[Stored data]
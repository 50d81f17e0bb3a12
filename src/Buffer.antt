-- ===== src/Buffer.antt =====
-- Packets/Buffer.h and Packets/Buffer.cpp: a cursor over bytes.
--
-- `size` is an `int`, and is not the length of the memory: the receiver sets it to what `Receive`
-- returns, which may be -1. `index` is an `int` that starts at 0 and only grows by what a check
-- has let pass, so it is a natural number; the sum in a check of fixed width is that of `int`, for
-- sizes where it does not overflow (below 2 ^ 31 - 8). The checks of `WriteBuffer` and `ReadBuffer`
-- are made in `unsigned`, and wrap.
pub mod Cursor
pub mod Safety
pub mod Contract
pub mod Overflow
pub mod Float
use game_network.Base.{
  ℕ, zero, suc, ◌+◌, ◌%◌, ◌^◌, Bool, true, false, if◌then◌else◌, leb, Option, none, some, List, [],
  ◌∷◌, ◌++◌, length, take, drop, get_elem?, ltb, ◌-◌, Result, ok, throws, fault, out_of_range,
  exception_pointer, ◌>>=◌, accessed,
}
use game_network.Base.Int.{ℤ, pos, negsuc, to_unsigned, leb_ℤ}
use game_network.Base.Bytes.{le_bytes, le_value}
use game_network.Platform.{Host}

-- `memory` is what `data` points to; `none` is nullptr.
pub record Buffer : Type 0 where
  pub memory : Option (List ℕ)
  pub size : ℤ
  pub index : ℕ

-- The bytes at `data + i`; `none` is an access outside of the allocation.
abbrev pub load : ℕ → ℕ → Option (List ℕ) → Option (List ℕ)
load i n none = none
load i n (some m) = if leb (i + n) (length m) then some (take n (drop i m)) else none

abbrev pub store : ℕ → List ℕ → Option (List ℕ) → Option (List ℕ)
store i bs none = none
store i bs (some m) =
    if leb (i + length bs) (length m)
    then some (take i m ++ (bs ++ drop (i + length bs) m))
    else none

-- `Buffer packet;`
abbrev pub no_buffer : Buffer
no_buffer = record { memory = none; size = pos 0; index = 0 }

-- `~Buffer`, with the object as it leaves it: the memory is given back.
abbrev pub destroy_buffer : Buffer → Buffer
destroy_buffer b = elim b.memory [ none ↦ b | some m ↦ record b { memory = none } ]

-- The conversion of an `unsigned` to `int`.
abbrev pub to_int : ℕ → ℤ
to_int n = if ltb n (2 ^ 31) then pos n else negsuc (2 ^ 32 - n - 1)

module _ (h : Host) where
  unfoldable pub new_buffer : ℕ → Buffer
  new_buffer n =
      if ltb 0 n
      then record { memory = some (h.fresh n); size = to_int n; index = 0 }
      else no_buffer

  unfoldable pub init : ℕ → Buffer → Result Buffer
  init n b = elim b.memory [
    | some m ↦ throws exception_pointer
    | none ↦
        if ltb 0 n
        then ok (record { memory = some (h.fresh n); size = to_int n; index = 0 })
        else ok b
  ]

-- `*reinterpret_cast<T*>(data + index) = …; index += sizeof(T)`, once the check has passed.
unfoldable pub write_bytes : List ℕ → Buffer → Result Buffer
write_bytes bs b = do
  m ← accessed (store b.index bs b.memory)
  ok (record b { memory = some m; index = b.index + length bs })

unfoldable pub read_bytes : ℕ → Buffer → Result (List ℕ × Buffer)
read_bytes n b = do
  bs ← accessed (load b.index n b.memory)
  ok (bs, record b { index = b.index + n })

module _ (h : Host) where
  unfoldable pub write_long_long : ℕ → Buffer → Result Buffer
  unfolding write_bytes
  write_long_long v b =
      if leb_ℤ (b.index + 8) b.size
      then write_bytes (le_bytes 8 (h.long_long.hton v)) b
      else throws out_of_range

  unfoldable pub write_integer : ℕ → Buffer → Result Buffer
  unfolding write_bytes
  write_integer v b =
      if leb_ℤ (b.index + 4) b.size
      then write_bytes (le_bytes 4 (h.long.hton v)) b
      else throws out_of_range

  unfoldable pub write_short : ℕ → Buffer → Result Buffer
  unfolding write_bytes
  write_short v b =
      if leb_ℤ (b.index + 2) b.size
      then write_bytes (le_bytes 2 (h.short.hton v)) b
      else throws out_of_range

  unfoldable pub read_long_long : Buffer → Result (ℕ × Buffer)
  unfolding read_bytes
  read_long_long b =
      if leb_ℤ (b.index + 8) b.size
      then (do (bs, b') ← read_bytes 8 b; ok (h.long_long.ntoh (le_value bs), b'))
      else throws out_of_range

  unfoldable pub read_integer : Buffer → Result (ℕ × Buffer)
  unfolding read_bytes
  read_integer b =
      if leb_ℤ (b.index + 4) b.size
      then (do (bs, b') ← read_bytes 4 b; ok (h.long.ntoh (le_value bs), b'))
      else throws out_of_range

  unfoldable pub read_short : Buffer → Result (ℕ × Buffer)
  unfolding read_bytes
  read_short b =
      if leb_ℤ (b.index + 2) b.size
      then (do (bs, b') ← read_bytes 2 b; ok (h.short.ntoh (le_value bs), b'))
      else throws out_of_range

unfoldable pub write_byte : ℕ → Buffer → Result Buffer
unfolding write_bytes
write_byte v b = if leb_ℤ (b.index + 1) b.size then write_bytes (v ∷ []) b else throws out_of_range

unfoldable pub read_byte : Buffer → Result (ℕ × Buffer)
unfolding read_bytes
read_byte b =
    if leb_ℤ (b.index + 1) b.size
    then (do (bs, b') ← read_bytes 1 b; ok (le_value bs, b'))
    else throws out_of_range

-- The check of `WriteBuffer` and `ReadBuffer`, in `unsigned`: the sum wraps.
abbrev pub has_room : ℕ → Buffer → Bool
has_room n b = leb ((b.index + n) % 2 ^ 32) (to_unsigned b.size)

-- The loop of `WriteBuffer` at `i`, with the rounds that are left.
unfoldable pub write_loop : ℕ → ℕ → List ℕ → Buffer → Result Buffer
unfolding write_bytes
write_loop zero i source b = ok b
write_loop (suc left) i source b = do
  c ← accessed (load i 1 (some source))
  b' ← write_bytes c b
  write_loop left (i + 1) source b'

unfoldable pub write_buffer : List ℕ → ℕ → Buffer → Result Buffer
unfolding write_loop
write_buffer source n b = if has_room n b then write_loop n 0 source b else throws out_of_range

-- The loop of `ReadBuffer`, which fills `out`, the memory that `o_buffer` points to.
unfoldable pub read_loop : ℕ → ℕ → List ℕ → Buffer → Result (List ℕ × Buffer)
unfolding read_bytes
read_loop zero i out b = ok (out, b)
read_loop (suc left) i out b = do
  (c, b') ← read_bytes 1 b
  out' ← accessed (store i c (some out))
  read_loop left (i + 1) out' b'

unfoldable pub read_buffer : List ℕ → ℕ → Buffer → Result (List ℕ × Buffer)
unfolding read_loop
read_buffer out n b = if has_room n b then read_loop n 0 out b else throws out_of_range

-- `index = 0`.
abbrev pub rewind : Buffer → Buffer
rewind b = record b { index = 0 }

-- The memory that can be written behind a pointer.
abbrev pub behind : Option (List ℕ) → List ℕ
behind none = []
behind (some m) = m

**Work to be completed**
Using the entries above, return each line that includes the word "fresh".

**Problem solution**
      then record { memory = some (h.fresh n); size = to_int n; index = 0 }
        then ok (record { memory = some (h.fresh n); size = to_int n; index = 0 })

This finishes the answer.